THE DATA ::
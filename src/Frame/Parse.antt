-- ===== src/Frame/Parse.antt =====
-- `arc_frame_parse` of src/arc_protocol.c, check by check, on a header, a payload and two bytes.
use arc_protocol.Prelude.{ℕ, ◌+◌, ◌-◌, ◌*◌, ◌/◌, ◌%◌, ◌^◌, ◌≤◌, ◌<◌, ◌≡◌, refl, arith, [], ◌∷◌}
use arc_protocol.Prelude.{length, none, some, ap, sym, ◌∙◌, append_assoc, length-append, ◌++◌}
use arc_protocol.Prelude.{ltb, ltb-true, ltb-false, ◌==◌}
use arc_protocol.Prelude.{==_refl, if◌then◌else◌}
use arc_protocol.Prelude.Bits.{bit_or_byte}
use arc_protocol.Memory.{Bytes, Ptr, Run, done, ◌>>=◌, read, load, u8}
use arc_protocol.Memory.Laws.{read-append, load-append}
use arc_protocol.Crc.{crc_loop}
use arc_protocol.Protocol.{Frame, Result, ok, err, err_bad_crc}
use arc_protocol.Frame.{join16, frame_fields, frame_check, frame_parse}
use arc_protocol.Frame.Wire.{payload_ptr}
use arc_protocol.Frame.Build.{crc16-append}

pub join16-lem : (hi lo : ℕ) → hi < 256 → lo < 256 → join16 hi lo ≡ hi * 256 + lo
join16-lem hi lo p q = omega (arith, bit_or_byte hi lo q)

pub join16_split : (v : ℕ) → v < 2 ^ 16 → join16 (v / 256) (v % 256) ≡ v
join16_split v h = omega (arith, join16-lem (v / 256) (v % 256) (omega arith) (omega arith))

-- The payload that the check and the fields read behind a nine-byte header.
payload_read :
    (head payload rest : Bytes)
    → length head ≡ 9
    → (if ltb 0 (length payload)
        then (read (head ++ (payload ++ rest)) 9 (length payload) >>= λ p. done (some p))
        else done none)
      ≡ done (payload_ptr payload)
payload_read head [] rest e = refl
payload_read head (b ∷ bs) rest e = rw (
  ltb-true 0 (length (b ∷ bs)) (omega arith),
  read-append head (b ∷ bs) rest 9 (length (b ∷ bs)) (sym e) refl,
)

-- What the comparison of the computed and the sent CRC leads to.
abbrev pub verdict : ℕ → ℕ → Frame → Frame → Run (Result (Unit {0}) × Ptr Frame)
verdict crc sent new old =
    if crc == sent then done (ok tt, some new) else done (err err_bad_crc, some old)

load_second :
    (bytes : Bytes) (h l : ℕ) (rest : Bytes) (n : ℕ)
    → n ≡ length bytes
    → load (bytes ++ (h ∷ l ∷ rest)) (n + 1) ≡ done l
load_second bytes h l rest n e =
    ap (λ (m : Bytes). load m (n + 1)) (sym (append_assoc bytes (h ∷ []) (l ∷ rest)))
    ∙ load-append (bytes ++ (h ∷ [])) l rest (n + 1) (omega (arith, length-append bytes (h ∷ [])))

-- What the parser makes of a header, a payload and two bytes behind it, whatever they are.
module _ (len src dst flags session seq_hi seq_lo family type : ℕ) (payload : Bytes) where
  abbrev pub head : Bytes
  head = len ∷ src ∷ dst ∷ flags ∷ session ∷ seq_hi ∷ seq_lo ∷ family ∷ type ∷ []

  abbrev pub fields : Frame
  fields = record {
    src = src;
    dst = dst;
    flags = flags;
    session = session;
    seq = join16 seq_hi seq_lo;
    family = family;
    type = type;
    payload = payload_ptr payload;
    payload_len = u8 (length payload);
  }

  frame_fields-parts :
      (rest : Bytes) → frame_fields (head ++ (payload ++ rest)) (length payload) ≡ done fields
  unfolding frame_fields load
  frame_fields-parts rest = rw (payload_read head payload rest refl)

  pub frame_check-parts :
      (hi lo : ℕ) (rest : Bytes) (old : Frame)
      → frame_check (head ++ (payload ++ (hi ∷ lo ∷ rest))) (length payload) old
        ≡ verdict (crc_loop 0xffff (head ++ payload)) (join16 hi lo) fields old
  unfolding frame_check
  frame_check-parts hi lo rest old = rw (
    crc16-append (head ++ payload) (hi ∷ lo ∷ rest) (9 + length payload) (omega arith),
    load-append (head ++ payload) hi (lo ∷ rest) (9 + length payload) (omega arith),
    load_second (head ++ payload) hi lo rest (9 + length payload) (omega arith),
    frame_fields-parts (hi ∷ lo ∷ rest),
  )

  -- Past the length checks, the whole parser.
  pub frame_parse-parts :
      (hi lo : ℕ) (rest : Bytes) (old : Frame)
      → length payload ≤ 241
      → len + 1 ≡ length payload + 11
      → frame_parse (some (head ++ (payload ++ (hi ∷ lo ∷ rest)))) (length payload + 11) (some old)
        ≡ verdict (crc_loop 0xffff (head ++ payload)) (join16 hi lo) fields old
  unfolding frame_parse load
  frame_parse-parts hi lo rest old fits e =
      rw
        (
          ltb-false (length payload + 11) 11 (omega arith),
          ltb-false 252 (length payload + 11) (omega arith),
          e,
          ==_refl (length payload + 11),
          back,
          ltb-false 241 (length payload) fits,
        )
        (frame_check-parts hi lo rest old)
    where
      back : length payload + 11 - 11 ≡ length payload
      back = omega arith
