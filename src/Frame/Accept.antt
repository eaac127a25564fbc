-- ===== src/Frame/Accept.antt =====
-- The inputs that `arc_frame_parse` of src/arc_protocol.c accepts, `arc_frame_build`'s among them.
use arc_protocol.Prelude.{ℕ, ◌+◌, ◌-◌, ◌/◌, ◌%◌, ◌^◌, ◌≤◌, ◌<◌, ◌≡◌, refl, arith, [], ◌∷◌}
use arc_protocol.Prelude.{
  length, take, drop, some, ap, ap₂, sym, ◌∙◌, append_assoc, length-append, ◌++◌,
}
use arc_protocol.Prelude.{take-length-append}
use arc_protocol.Prelude.{==_refl}
use mathlib.Core.Path.{subst, subst₂}
use arc_protocol.Memory.{Bytes, IsBytes, Ptr, done, load}
use arc_protocol.Memory.Laws.{IsBytes-left, IsBytes-right}
use arc_protocol.Crc.{crc_loop}
use arc_protocol.Crc.Register.{crc_loop-lt}
use arc_protocol.Protocol.{Frame, ok}
use arc_protocol.Frame.{join16, frame_parse, frame_build}
use arc_protocol.Frame.Wire.{Packet, IsPacket, header, body, body_crc, trailer, wire, length-wire}
use arc_protocol.Frame.Wire.{frame_of}
use arc_protocol.Frame.Build.{Parts, parts, Holds, frame_build-wire}
use arc_protocol.Frame.Parse.{join16-lem, join16_split, head, fields, verdict, frame_parse-parts}

body_crc-lt : (p : Packet) → body_crc p < 2 ^ 16
unfolding body_crc
body_crc-lt p = crc_loop-lt (body p) 0xffff (omega arith)

-- The fields that the parser reads off a wire form are the packet's.
fields-wire :
    (p : Packet)
    → IsPacket p
    → fields
        (length p.payload + 10)
        p.src
        p.dst
        p.flags
        p.session
        (p.seq / 256)
        (p.seq % 256)
        p.family
        p.type
        p.payload
      ≡ frame_of p
fields-wire p v = ground (arith, join16-lem (p.seq / 256) (p.seq % 256))

-- The wire form of a packet, whose fields have their widths and whose payload fits, with anything
-- behind it, parses to the packet's frame.
pub frame_parse-wire :
    (p : Packet) (rest : Bytes) (old : Frame)
    → IsPacket p
    → frame_parse (some (wire p ++ rest)) (length (wire p)) (some old)
      ≡ done (ok tt, some (frame_of p))
unfolding body_crc
frame_parse-wire p rest old v =
    ap (λ (m : Bytes). frame_parse (some (header p ++ m)) (length (wire p)) (some old))
      (append_assoc p.payload (trailer (body_crc p)) rest)
    ∙ ap
        (λ (n : ℕ).
          frame_parse (some (header p ++ (p.payload ++ (trailer (body_crc p) ++ rest)))) n
            (some old))
        (length-wire p)
    ∙ frame_parse-parts (length p.payload + 10) p.src p.dst p.flags p.session (p.seq / 256)
        (p.seq % 256) p.family p.type p.payload (body_crc p / 256) (body_crc p % 256) rest old
        v.payload_fits (omega arith)
    ∙ rw (join16_split (body_crc p) (body_crc-lt p), ==_refl (body_crc p))
        (ap (λ (f : Frame). done (ok tt, some f)) (fields-wire p v))

-- What `arc_frame_build` leaves in a buffer with room for a packet, whose fields have their widths
-- and whose payload fits, `arc_frame_parse` reads back field by field.
pub frame_parse-frame_build :
    (p : Packet) (ptr : Ptr Bytes) (buf : Bytes) (capacity : ℕ) (old : Frame)
    → IsPacket p
    → Holds ptr p.payload
    → length (wire p) ≤ capacity
    → capacity ≤ length buf
    → (out : Bytes) × (frame_build
          (some buf)
          capacity
          p.src
          p.dst
          p.flags
          p.session
          p.seq
          p.family
          p.type
          ptr
          (length p.payload)
        ≡ done (ok (length p.payload + 11), some out))
      × (frame_parse (some out) (length p.payload + 11) (some old)
          ≡ done (ok tt, some (frame_of p)))
frame_parse-frame_build p ptr buf capacity old v holds fits room = (
  wire p ++ drop (length (wire p)) buf,
  frame_build-wire p ptr buf capacity v holds fits room
      ∙ ap (λ (n : ℕ). done (ok n, some (wire p ++ drop (length (wire p)) buf))) (length-wire p),
  ap (λ (n : ℕ). frame_parse (some (wire p ++ drop (length (wire p)) buf)) n (some old))
        (sym (length-wire p))
      ∙ frame_parse-wire p (drop (length (wire p)) buf) old v,
)

-- The length checks that an accepted input has passed.
accepted_length :
    (buf : Bytes) (len : ℕ) (old f : Frame)
    → frame_parse (some buf) len (some old) ≡ done (ok tt, some f)
    → (11 ≤ len) × (len ≤ 252)
unfolding frame_parse
accepted_length buf len old f h = ground arith

accepted_declared :
    (b : ℕ) (bs : Bytes) (len : ℕ) (old f : Frame)
    → frame_parse (some (b ∷ bs)) len (some old) ≡ done (ok tt, some f)
    → b + 1 ≡ len
unfolding frame_parse load
accepted_declared b bs len old f h = ground arith

pub record Nine (bytes : Bytes) : Type 0 where
  pub len : ℕ
  pub src : ℕ
  pub dst : ℕ
  pub flags : ℕ
  pub session : ℕ
  pub seq_hi : ℕ
  pub seq_lo : ℕ
  pub family : ℕ
  pub type : ℕ
  pub whole : bytes ≡ len ∷ src ∷ dst ∷ flags ∷ session ∷ seq_hi ∷ seq_lo ∷ family ∷ type ∷ []

pub nine : (bytes : Bytes) → length bytes ≡ 9 → Nine bytes
nine (a ∷ b ∷ c ∷ d ∷ e ∷ f ∷ g ∷ h ∷ i ∷ []) q = record {
  len = a;
  src = b;
  dst = c;
  flags = d;
  session = e;
  seq_hi = f;
  seq_lo = g;
  family = h;
  type = i;
  whole = refl;
}
nine _ q = absurd (omega arith)

-- The bytes are the wire form of a packet, and the frame has its fields.
pub record IsWireOf (bytes : Bytes) (f : Frame) : Type 0 where
  pub packet : Packet
  pub valid : IsPacket packet
  pub is_wire : bytes ≡ wire packet
  pub is_frame : f ≡ frame_of packet

-- The parser's last step, inverted.
check_passed :
    (crc sent : ℕ) (new old f : Frame)
    → verdict crc sent new old ≡ done (ok tt, some f)
    → (crc ≡ sent) × (new ≡ f)
check_passed crc sent new old f h = ground arith

module _ (len src dst flags session seq_hi seq_lo family type : ℕ) (payload : Bytes)
    (hi lo : ℕ) where
  abbrev lits : Bytes
  lits = head len src dst flags session seq_hi seq_lo family type payload

  abbrev received : Packet
  received = record {
    src = src;
    dst = dst;
    flags = flags;
    session = session;
    seq = join16 seq_hi seq_lo;
    family = family;
    type = type;
    payload = payload;
  }

  abbrev read_fields : Frame
  read_fields = fields len src dst flags session seq_hi seq_lo family type payload

  received-IsPacket :
      IsBytes (lits ++ (payload ++ (hi ∷ lo ∷ []))) → length payload ≤ 241 → IsPacket received
  received-IsPacket b fits = record {
    src_byte = omega arith;
    dst_byte = omega arith;
    flags_byte = omega arith;
    session_byte = omega arith;
    seq_word = omega arith;
    family_byte = omega arith;
    type_byte = omega arith;
    payload_bytes =
        IsBytes-left payload (hi ∷ lo ∷ []) (IsBytes-right lits (payload ++ (hi ∷ lo ∷ [])) b);
    payload_fits = fits;
  }

  received-header :
      IsBytes (lits ++ (payload ++ (hi ∷ lo ∷ [])))
      → len + 1 ≡ length payload + 11
      → lits ≡ header received
  received-header b e = ground (arith, join16-lem seq_hi seq_lo)

  received_trailer :
      hi < 256 → lo < 256 → (crc : ℕ) → crc ≡ join16 hi lo → hi ∷ lo ∷ [] ≡ trailer crc
  received_trailer p q crc e = ground (arith, join16-lem hi lo)

  accepted-parts :
      (rest : Bytes) (old f : Frame)
      → IsBytes (lits ++ (payload ++ (hi ∷ lo ∷ [])))
      → length payload ≤ 241
      → len + 1 ≡ length payload + 11
      → frame_parse (some (lits ++ (payload ++ (hi ∷ lo ∷ rest)))) (length payload + 11) (some old)
        ≡ done (ok tt, some f)
      → IsWireOf (lits ++ (payload ++ (hi ∷ lo ∷ []))) f
  accepted-parts rest old f b fits e h =
      let (c, g) =
        check_passed (crc_loop 0xffff (lits ++ payload)) (join16 hi lo) read_fields old f (
          sym (
            frame_parse-parts len src dst flags session seq_hi seq_lo family type payload hi lo rest
              old fits e)
          ∙ h) in
      let ends : IsBytes (hi ∷ lo ∷ []) =
        IsBytes-right payload (hi ∷ lo ∷ []) (IsBytes-right lits (payload ++ (hi ∷ lo ∷ [])) b) in
      record {
        packet = received;
        valid = received-IsPacket b fits;
        is_wire =
            ap₂ (λ (x y : Bytes). x ++ (payload ++ y)) (received-header b e)
              (received_trailer (omega arith) (omega arith) (body_crc received) (checked c));
        is_frame = sym g ∙ short;
      }
    where
      checked : crc_loop 0xffff (lits ++ payload) ≡ join16 hi lo → body_crc received ≡ join16 hi lo
      checked c =
          unfold body_crc in
          (ap (λ (x : Bytes). crc_loop 0xffff (x ++ payload)) (sym (received-header b e)) ∙ c)

      short : read_fields ≡ frame_of received
      short = ground arith

  whole_bytes :
      (rest : Bytes)
      → (lits ++ (payload ++ (hi ∷ lo ∷ []))) ++ rest ≡ lits ++ (payload ++ (hi ∷ lo ∷ rest))
  whole_bytes rest = ap (λ (m : Bytes). lits ++ m) (append_assoc payload (hi ∷ lo ∷ []) rest)

  sound-parts :
      (rest : Bytes) (old f : Frame)
      → IsBytes (lits ++ (payload ++ (hi ∷ lo ∷ rest)))
      → frame_parse (some (lits ++ (payload ++ (hi ∷ lo ∷ rest)))) (length payload + 11) (some old)
        ≡ done (ok tt, some f)
      → IsWireOf (take (length payload + 11) (lits ++ (payload ++ (hi ∷ lo ∷ rest)))) f
  sound-parts rest old f b h =
      subst (λ (m : Bytes). IsWireOf m f) (sym taken)
        (accepted-parts rest old f prefix_bytes
          (omega (arith, accepted_length _ (length payload + 11) old f h))
          (accepted_declared len _ (length payload + 11) old f h) h)
    where
      prefix_bytes : IsBytes (lits ++ (payload ++ (hi ∷ lo ∷ [])))
      prefix_bytes =
          IsBytes-left (lits ++ (payload ++ (hi ∷ lo ∷ []))) rest
            (subst IsBytes (sym (whole_bytes rest)) b)

      taken :
          take (length payload + 11) (lits ++ (payload ++ (hi ∷ lo ∷ rest)))
          ≡ lits ++ (payload ++ (hi ∷ lo ∷ []))
      taken =
          ap (take (length payload + 11)) (sym (whole_bytes rest))
          ∙ take-length-append (lits ++ (payload ++ (hi ∷ lo ∷ []))) rest (length payload + 11)
              (omega (arith, length-append payload (hi ∷ lo ∷ [])))

-- The bytes of a buffer that `arc_frame_parse` accepts, the length being within the buffer, are
-- the wire form of a packet, and the fields that it fills in are that packet's.
pub frame_parse_sound :
    (buf : Bytes) (len : ℕ) (old f : Frame)
    → IsBytes buf
    → len ≤ length buf
    → frame_parse (some buf) len (some old) ≡ done (ok tt, some f)
    → IsWireOf (take len buf) f
frame_parse_sound buf len old f b room h =
    subst₂ (λ (m : Bytes) (n : ℕ). IsWireOf (take n m) f) (sym whole) (sym size_eq)
      (sound-parts n.len n.src n.dst n.flags n.session n.seq_hi n.seq_lo n.family n.type at.old at.h
        at.l at.rest old f (subst IsBytes whole b)
        (subst₂ (λ (m : Bytes) (k : ℕ). frame_parse (some m) k (some old) ≡ done (ok tt, some f))
          whole size_eq h))
  where
    at : Parts (len - 11) buf
    at = parts (len - 11) buf (omega (arith, accepted_length buf len old f h))

    n : Nine at.head
    n = nine at.head at.head_length

    whole :
        buf
        ≡ lits n.len n.src n.dst n.flags n.session n.seq_hi n.seq_lo n.family n.type at.old at.h
            at.l
          ++ (at.old ++ (at.h ∷ at.l ∷ at.rest))
    whole = at.whole ∙ ap (λ (m : Bytes). m ++ (at.old ++ (at.h ∷ at.l ∷ at.rest))) n.whole

    size_eq : len ≡ length at.old + 11
    size_eq = omega (arith, accepted_length buf len old f h, at.old_length)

YOUR OBJECTIVE ::
Starting at the line above that contains "pub family : ℕ", write out each line exactly until the line that contains "-- The bytes are" has been written, and stop there.

TASK OUTPUT ::
  pub family : ℕ
  pub type : ℕ
  pub whole : bytes ≡ len ∷ src ∷ dst ∷ flags ∷ session ∷ seq_hi ∷ seq_lo ∷ family ∷ type ∷ []

pub nine : (bytes : Bytes) → length bytes ≡ 9 → Nine bytes
nine (a ∷ b ∷ c ∷ d ∷ e ∷ f ∷ g ∷ h ∷ i ∷ []) q = record {
  len = a;
  src = b;
  dst = c;
  flags = d;
  session = e;
  seq_hi = f;
  seq_lo = g;
  family = h;
  type = i;
  whole = refl;
}
nine _ q = absurd (omega arith)

-- The bytes are the wire form of a packet, and the frame has its fields.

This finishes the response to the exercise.